Reading Bowling Alone made me think that perhaps we have been treating symptoms and not the disease. The book posits that American society, in general, has become more isolated over the past 40 (now 60) years and suggests that it may continue to do so in the future. If this is truly the case, then we can only expect attendance to continue to decrease, no matter what “fixes’ are undertaken at a given facility. The last chapter of Bowling Alone proposes six agendas to address the “decline of social capital.” The first addresses the performing arts directly.


To build bridging social capital requires that we transcend our social and political and professional identities to connect with people unlike ourselves. This is why team sports provide good venues for social-capital creation. Equally important and less exploited in this connection are the arts and cultural activities. Singing together (like bowling together) does not require shared ideology or shared social or ethnic provenance. For this reason, among others, I challenge America’s artists, the leaders and funders of our cultural institutions, as well as ordinary Americans: Let us find ways to ensure that by 2010 significantly more Americans will participate in (not merely consume or “appreciate”) cultural activities from group dancing to songfests to community theater to rap festivals. Let us discover new ways to use the arts as a vehicle for convening diverse groups of fellow citizens.

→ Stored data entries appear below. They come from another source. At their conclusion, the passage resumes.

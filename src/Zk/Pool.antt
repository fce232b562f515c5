-- ===== src/Zk/Pool.antt =====
-- `ShieldedPool` (crates/zeno-zk/src/lib.rs). A set of nullifiers is a list; nothing reads its order
-- but its size.
use zeno_final_code.Common.{
  ℕ, Bool, not, List, [], ◌∷◌, any, if◌then◌else◌, saturating_add, saturating_sub, u128_max,
}
use zeno_final_code.Common.Results.{Result, ok, err}
use zeno_final_code.Hash.{Hash32, Digests, bytes_eq}
use zeno_final_code.Zk.{
  ZkError, nullifier_already_spent, invalid_merkle_proof, verification_failed,
  CommitmentMerkleProof, CommitmentTree, new_tree, root, insert, verify_commitment_proof,
}

pub record ShieldRequest : Type 0 where
  pub value : ℕ
  pub commitment : Hash32

pub record ShieldedTransferProof : Type 0 where
  pub nullifier : Hash32
  pub merkle_root : Hash32
  pub merkle_proof : CommitmentMerkleProof
  pub output_commitment : Hash32
  pub value : ℕ

pub record UnshieldRequest : Type 0 where
  pub nullifier : Hash32
  pub merkle_proof : CommitmentMerkleProof
  pub merkle_root : Hash32
  pub value : ℕ
  pub recipient : ℕ

pub record ShieldedPool : Type 0 where
  pub tree : CommitmentTree
  pub nullifiers : List Hash32
  pub total_shielded_value : ℕ

-- `ShieldedPool::new`.
abbrev pub new_pool : ShieldedPool
new_pool = record { tree = new_tree; nullifiers = []; total_shielded_value = 0 }

-- `self.nullifiers.contains`.
abbrev pub is_spent : Hash32 → ShieldedPool → Bool
is_spent nullifier pool = any (bytes_eq nullifier) pool.nullifiers

module _ (d : Digests) where
  unfoldable pub shield : ShieldRequest → ShieldedPool → Result ZkError ℕ × ShieldedPool
  shield request pool =
      let inserted = insert d request.commitment pool.tree in
      elim inserted.0 [
        | err e ↦ (err e, record pool { tree = inserted.1 })
        | ok index ↦ (
          ok index,
          record pool {
            tree = inserted.1;
            total_shielded_value = saturating_add u128_max pool.total_shielded_value request.value;
          },
        )
      ]

  unfoldable pub transfer : ShieldedTransferProof → ShieldedPool → Result ZkError ℕ × ShieldedPool
  transfer proof pool =
      let here = root d pool.tree in
      let inserted = insert d proof.output_commitment pool.tree in
      if is_spent proof.nullifier pool
      then (err nullifier_already_spent, pool)
      else if not (bytes_eq proof.merkle_root here)
      then (err (verification_failed "merkle root mismatch"), pool)
      else if not (verify_commitment_proof d proof.merkle_proof here)
      then (err invalid_merkle_proof, pool)
      else (
        inserted.0,
        record pool { nullifiers = proof.nullifier ∷ pool.nullifiers; tree = inserted.1 },
      )

  unfoldable pub unshield :
      UnshieldRequest → ShieldedPool → Result ZkError (Unit {0}) × ShieldedPool
  unshield request pool =
      let here = root d pool.tree in
      if is_spent request.nullifier pool
      then (err nullifier_already_spent, pool)
      else if not (bytes_eq request.merkle_root here)
      then (err (verification_failed "merkle root mismatch"), pool)
      else if not (verify_commitment_proof d request.merkle_proof here)
      then (err invalid_merkle_proof, pool)
      else (
        ok tt,
        record pool {
          nullifiers = request.nullifier ∷ pool.nullifiers;
          total_shielded_value = saturating_sub pool.total_shielded_value request.value;
        },
      )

To me, this agenda suggests that we all extend ourselves, personally and professionally, to support, engage and participate in cultural activities. In other words, we must put our money where our mouths are. It is not enough to manage the facilities that house and present the performing arts; we must show, by our deeds, the inherent value of participation in and attendance at performing arts events as an integral part of daily life in all communities and across all income ranges.

I believe that performing arts facility managers, indeed anyone with an interest in the arts, can also reach out to create “social capital.” We can join community theater groups. We can work directly with students in schools. We can attend school board and town planning meetings as advocates for the performing arts. We can vote to ensure that our representatives will understand the value of the arts. In short, anything you can do to reach out beyond your customary network of friends and contacts will help. If we all extend ourselves in this manner we will not only return patrons to our facilities but will also enrich ourselves and our communities.